How to choose a rooster

by Liz Beavis
This might sound weird, but we let our hens chose their rooster.  I better start at the beginning (although its hard to tell where that is, chicken and egg and all that).  Here's a summary of how we hatch and dispatch our roosters, and let the hens chose a few to keep.
As I wrote back here, we keep lots of hens because we like to have eggs through winter (hens tend to stop laying as many eggs in winter, but if you have enough new layers, you will still get a few eggs each day).  The cheapest way to have lots of hens is to hatch your own chicks.  We have a 48 egg incubator, and we usually hatch around 30 chicks from a full incubator.  Of those 30, half or so will be hens and the rest roosters.
eight acres: how to chose a rooster
We keep one rooster for every 8-10 hens, depending on whether these roosters get on or not, sometimes its possible to have two in the same yard.  We currently have three rooster, two from this year's hatch and one from last year.  Of the two from this year's hatch, one we chose because he's a big Rhode Island Red rooster, and the other one just moved in with a chicken tractor of hens, so he gets to stay too.  Usually only one rooster will move in with a group of hens who have no rooster.  If the hens accept him, then he can stay with them.  

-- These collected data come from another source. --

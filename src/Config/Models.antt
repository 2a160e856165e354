-- ===== src/Config/Models.antt =====
-- Models: the mapping, the reasoning effort and the model rules of backend-go/internal/config/config_utils.go.
-- The order in which Go walks a map is that of the association list; `sort.Slice` is a stable sort here.
use Prim.Native.String.{len}
use ccx.Base.{
  ℕ, string_eq, Bool, true, false, not, ◌&&◌, ◌||◌, Option, none, some, List, [], ◌∷◌, String, ltb,
  nat_eq, str_eq, if◌then◌else◌, any,
}
use ccx.Base.Dict.{Dict, lookup}
use ccx.Base.Sort.{sort_stable}
use ccx.Base.Text.{
  trim_space, trim_left, trim_right, has_prefix, has_suffix, trim_prefix, trim_suffix, contains,
  count_char, is_empty,
}
use ccx.Config.Types.{UpstreamConfig}

-- `len(mappings[i].source) > len(mappings[j].source)`
abbrev pub is_longer : String × String → String × String → Bool
is_longer a b = ltb (len b.0) (len a.0)

-- The loop over the sorted mapping: the first entry whose source the model contains.
unfoldable pub first_contained : String → List (String × String) → Option (String × String)
first_contained model [] = none
first_contained model (entry ∷ entries) =
    let rest = first_contained model entries in if contains model entry.0 then some entry else rest

-- What `RedirectModel` and `ResolveReasoningEffort` find for the model.
unfoldable pub find_mapping : String → Dict String String → Option String
unfolding first_contained sort_stable
find_mapping model mapping = elim (lookup model mapping) [
  | some target ↦ some target
  | none ↦ elim (first_contained model (sort_stable is_longer mapping)) [
    | none ↦ none
    | some entry ↦ some entry.1
  ]
]

unfoldable pub redirect_model : String → UpstreamConfig → String
unfolding find_mapping
redirect_model model u = elim (find_mapping model u.model_mapping) [ none ↦ model | some m ↦ m ]

unfoldable pub resolve_reasoning_effort : String → Option UpstreamConfig → String
unfolding find_mapping
resolve_reasoning_effort model none = ""
resolve_reasoning_effort model (some u) = elim (find_mapping model u.reasoning_mapping) [
  | none ↦ ""
  | some effort ↦ effort
]

abbrev pub star : String → ℕ
star pattern = count_char b'*' pattern

unfoldable pub trim_stars : String → String
unfolding trim_left trim_right
trim_stars pattern = trim_right (nat_eq b'*') (trim_left (nat_eq b'*') pattern)

-- `isValidSupportedModelPattern` after its test of the exclamation marks.
abbrev pub is_valid_normalized : String → Bool
unfolding has_prefix has_suffix trim_stars count_char
is_valid_normalized normalized =
    if is_empty normalized || has_prefix normalized "!"
    then false
    else if nat_eq (star normalized) 0 || str_eq normalized "*"
    then true
    else if nat_eq (star normalized) 1
    then has_prefix normalized "*" || has_suffix normalized "*"
    else nat_eq (star normalized) 2
      && has_prefix normalized "*"
      && has_suffix normalized "*"
      && not (is_empty (trim_stars normalized))

unfoldable pub is_valid_supported_model_pattern : String → Bool
unfolding is_valid_normalized trim_space trim_prefix has_prefix count_char
is_valid_supported_model_pattern pattern =
    let trimmed = trim_space pattern in
    if is_empty trimmed || ltb 1 (count_char b'!' trimmed)
    then false
    else is_valid_normalized
        (if has_prefix trimmed "!" then trim_space (trim_prefix trimmed "!") else trimmed)

-- `matchSupportedModelPattern` of a valid pattern without its exclamation mark.
abbrev pub matches : String → String → Bool
unfolding has_prefix has_suffix contains trim_stars trim_prefix trim_suffix count_char
matches pattern model =
    if str_eq pattern "*"
    then true
    else if nat_eq (star pattern) 0
    then str_eq pattern model
    else if has_prefix pattern "*" && has_suffix pattern "*"
    then contains model (trim_stars pattern)
    else if has_prefix pattern "*"
    then has_suffix model (trim_prefix pattern "*")
    else has_suffix pattern "*" && has_prefix model (trim_suffix pattern "*")

unfoldable pub match_supported_model_pattern : String → String → Bool
unfolding is_valid_supported_model_pattern matches has_prefix trim_space trim_prefix
match_supported_model_pattern pattern model =
    if not (is_valid_supported_model_pattern pattern)
    then false
    else matches (if has_prefix pattern "!" then trim_space (trim_prefix pattern "!") else pattern)
        model

-- `splitSupportedModelRules`: the patterns that include and those that exclude.
abbrev pub add_rule : String → List String × List String → List String × List String
unfolding is_valid_supported_model_pattern has_prefix trim_space trim_prefix
add_rule rule (includes, excludes) =
    let pattern = trim_space (trim_prefix rule "!") in
    if is_empty rule
    then (includes, excludes)
    else if has_prefix rule "!"
    then (if not (has_prefix pattern "!") && is_valid_supported_model_pattern pattern
        then (includes, pattern ∷ excludes)
        else (includes, excludes))
    else if is_valid_supported_model_pattern rule
    then (rule ∷ includes, excludes)
    else (includes, excludes)

unfoldable pub split_supported_model_rules : List String → List String × List String
unfolding add_rule trim_space
split_supported_model_rules [] = ([], [])
split_supported_model_rules (raw ∷ rules) =
    add_rule (trim_space raw) (split_supported_model_rules rules)

-- The reason of a refusal is not modelled.
unfoldable pub supports_model : UpstreamConfig → String → Bool
unfolding split_supported_model_rules match_supported_model_pattern
supports_model u model = elim u.supported_models [
  | [] ↦ true
  | rule ∷ rules ↦
      let split = split_supported_model_rules (rule ∷ rules) in
      if any (λ pattern. match_supported_model_pattern pattern model) split.1
      then false
      else elim split.0 [
        | [] ↦ true
        | first ∷ others ↦
            any (λ pattern. match_supported_model_pattern pattern model) (first ∷ others)
      ]
]
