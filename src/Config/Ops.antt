-- ===== src/Config/Ops.antt =====
-- Every operation that changes the configuration, one of backend-go/internal/config/config.go and of the files of the kinds of
-- channel.
use ccx.Base.{
  ℕ, Bool, true, false, Option, none, some, List, [], ◌∷◌, String, str_eq, if◌then◌else◌,
}
use ccx.Base.Results.{Result, fail, ok}
use ccx.Config.Types.{ChannelKind, UpstreamConfig}
use ccx.Config.Manager.{ConfigManager, ConfigError, Host}
use ccx.Config.Update.{UpstreamUpdate}
use ccx.Config.Channels.{
  add_upstream, update_upstream, remove_upstream, add_api_key, remove_api_key, move_api_key_to_top,
  move_api_key_to_bottom, reorder_upstreams, set_channel_status, set_channel_promotion,
}
use ccx.Config.Channels.Messages.{deprioritize_api_key}
use ccx.Config.Blacklist.{
  blacklist_key, restore_key, restore_all_keys, restore_disabled_keys, set_fuzzy_mode_enabled,
  set_strip_billing_header,
}
pub mod Synced
pub mod Honest
pub mod Report
pub mod Runs

pub data Op : Type 0 where
  add : ChannelKind → UpstreamConfig → Op
  update : ChannelKind → ℕ → UpstreamUpdate → Op
  remove : ChannelKind → ℕ → Op
  add_key : ChannelKind → ℕ → String → Op
  remove_key : ChannelKind → ℕ → String → Op
  key_to_top : ChannelKind → ℕ → String → Op
  key_to_bottom : ChannelKind → ℕ → String → Op
  reorder : ChannelKind → List ℕ → Op
  set_status : ChannelKind → ℕ → String → Op
  set_promotion : ChannelKind → ℕ → ℕ → Op
  deprioritize : String → Op
  blacklist : String → ℕ → String → String → String → Op
  restore : String → ℕ → String → Op
  restore_all : String → ℕ → Op
  restore_some : String → ℕ → List String → Op
  set_fuzzy : Bool → Op
  set_strip : Bool → Op

-- The manager afterwards, and whether the operation reports success.
abbrev pub reported :
    {A : Type 0} → ConfigManager × Result ConfigError A → ConfigManager × Option ConfigError
reported (m, fail e) = (m, some e)
reported (m, ok a) = (m, none)

unfoldable pub perform : Host → Op → ConfigManager → ConfigManager × Option ConfigError
perform host (add kind u) m = reported (add_upstream host kind u m)
perform host (update kind i p) m = reported (update_upstream host kind i p m)
perform host (remove kind i) m = reported (remove_upstream host kind i m)
perform host (add_key kind i key) m = reported (add_api_key host kind i key m)
perform host (remove_key kind i key) m = reported (remove_api_key host kind i key m)
perform host (key_to_top kind i key) m = reported (move_api_key_to_top host kind i key m)
perform host (key_to_bottom kind i key) m = reported (move_api_key_to_bottom host kind i key m)
perform host (reorder kind order) m = reported (reorder_upstreams host kind order m)
perform host (set_status kind i status) m = reported (set_channel_status host kind i status m)
perform host (set_promotion kind i d) m = reported (set_channel_promotion host kind i d m)
perform host (deprioritize key) m = reported (deprioritize_api_key host key m)
perform host (blacklist name i key reason message) m =
    reported (blacklist_key host name i key reason message m)
perform host (restore name i key) m = reported (restore_key host name i key m)
perform host (restore_all name i) m = reported (restore_all_keys host name i m)
perform host (restore_some name i keys) m = reported (restore_disabled_keys host name i keys m)
perform host (set_fuzzy b) m = reported (set_fuzzy_mode_enabled host b m)
perform host (set_strip b) m = reported (set_strip_billing_header host b m)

One of the biggest factors in egg hatching rate is the rooster.  Not just his fertility, but whether the hens like him.  As Harvey Ussery wrote in the best chicken book I've ever read, the rooster needs to woo his hens, by calling them over for choice bits of food and doing a little rooster dance before he mates with them.  If the hens don't like a rooster they will just run away from him, and you won't get many fertile eggs.  
So.... if we let the hens choose their rooster, we get more fertile eggs, and then we get more roosters for them to chose from.   
We keep each rooster for 2-3 years.  We find that the older roosters get challenged by the younger ones and eventually we have to remove them (sorry readers, they don't go to rooster retirement homes, we cull them when we do the old hens).  Unfortunately old roosters, no matter how long you cook them, do not get more tender (believe me, I've stewed one for 24 hours).  They are best as dog food or buried deep in the compost.
And what happens to the other 10-12 roosters that don't get selected by hens (or by us) to stay?  The young ones are very tasty.  We raise them to be meat chickens, and you can roast them (don't forget to make stock from the carcass).  For the older hens we prefer to mince them.
How do you choose a rooster?  Do you hatch your own?  And what do you do with the extras?